[Dataset entries]
________________________________________

-- ===== src/Backrun/Queues/Parked/Park.antt =====
-- Parking a bid (`push_pending` in src/backrun.rs) at the back of its entry and of the queue.
use magma_sidecar.Prelude.{
  All-append, ℕ, ◌≡◌, refl, inl, inr, false, none, some, List, [], ◌∷◌, ◌++◌, length-append, arith,
  Option-cases,
}
use magma_sidecar.Prelude.Map
use magma_sidecar.Prelude.Map.{HashMap}
use magma_sidecar.Backrun.Pool.{PendingPool, PendingBid}
use magma_sidecar.Backrun.Queues.{park, is_empty}
use magma_sidecar.Backrun.Queues.Parked.{
  queued-append, count_hash, parked, IsParked, count_hash-append, total-insert, total-insert_new,
  parked-insert, parked_of_get, Entries-insert, Entries-get,
}

module _ {Tx : Type 0} where
  is_empty-append :
      (xs : List (PendingBid Tx)) (x : PendingBid Tx) → is_empty (xs ++ x ∷ []) ≡ false
  unfolding is_empty
  is_empty-append [] x = refl
  is_empty-append (y ∷ xs) x = refl

  module _ (bid : PendingBid Tx) (p : PendingPool Tx) (v : IsParked p.pending_order p) where
    park_new :
        Map.get bid.target p.pending ≡ none → IsParked (park bid p).pending_order (park bid p)
    unfolding park is_empty
    park_new gone = rw gone (record {
      distinct = Map.insert-Distinct bid.target (bid ∷ []) p.pending v.distinct;
      entries = Entries-insert bid.target (bid ∷ []) p.pending v.entries refl (refl, tt);
      counted = omega (arith, v.counted, total-insert_new bid.target (bid ∷ []) p.pending gone);
      waiting = λ k j. ground (
        arith,
        v.waiting k j,
        parked-insert bid.target j k (bid ∷ []) p.pending,
        queued-append k j p.pending_order ((bid.target, bid.hash) ∷ []),
      );
    })

    park_more :
        (bids : List (PendingBid Tx))
        → Map.get bid.target p.pending ≡ some bids
        → IsParked (park bid p).pending_order (park bid p)
    unfolding park
    park_more bids held = rw held (record {
      distinct = Map.insert-Distinct bid.target (bids ++ bid ∷ []) p.pending v.distinct;
      entries =
          Entries-insert bid.target (bids ++ bid ∷ []) p.pending v.entries
            (is_empty-append bids bid)
            (All-append _ bids (bid ∷ []) (Entries-get bid.target bids p.pending v.entries held)
              (refl, tt));
      counted = omega (
        arith,
        v.counted,
        total-insert bid.target bids (bids ++ bid ∷ []) p.pending held,
        length-append bids (bid ∷ []),
      );
      waiting = λ k j. ground (
        arith,
        v.waiting k j,
        here j,
        count_hash-append j bids (bid ∷ []),
        parked-insert bid.target j k (bids ++ bid ∷ []) p.pending,
        queued-append k j p.pending_order ((bid.target, bid.hash) ∷ []),
      );
    })
      where
        here : (j : ℕ) → parked bid.target j p.pending ≡ count_hash j bids
        here j = rw (parked_of_get bid.target j p.pending, held) refl

    pub park-IsParked : IsParked (park bid p).pending_order (park bid p)
    park-IsParked = elim (Option-cases (Map.get bid.target p.pending)) [
      | inl gone ↦ park_new gone
      | inr (bids, held) ↦ park_more bids held
    ]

________________________________________

THE TASK –
Exactly as they appear above, write out the line containing "(is_empty-append bids bid)" and each line that comes after it in the records.

ANSWER BELOW –
            (is_empty-append bids bid)
            (All-append _ bids (bid ∷ []) (Entries-get bid.target bids p.pending v.entries held)
              (refl, tt));
      counted = omega (
        arith,
        v.counted,
        total-insert bid.target bids (bids ++ bid ∷ []) p.pending held,
        length-append bids (bid ∷ []),
      );
      waiting = λ k j. ground (
        arith,
        v.waiting k j,
        here j,
        count_hash-append j bids (bid ∷ []),
        parked-insert bid.target j k (bids ++ bid ∷ []) p.pending,
        queued-append k j p.pending_order ((bid.target, bid.hash) ∷ []),
      );
    })
      where
        here : (j : ℕ) → parked bid.target j p.pending ≡ count_hash j bids
        here j = rw (parked_of_get bid.target j p.pending, held) refl

    pub park-IsParked : IsParked (park bid p).pending_order (park bid p)
    park-IsParked = elim (Option-cases (Map.get bid.target p.pending)) [
      | inl gone ↦ park_new gone
      | inr (bids, held) ↦ park_more bids held
    ]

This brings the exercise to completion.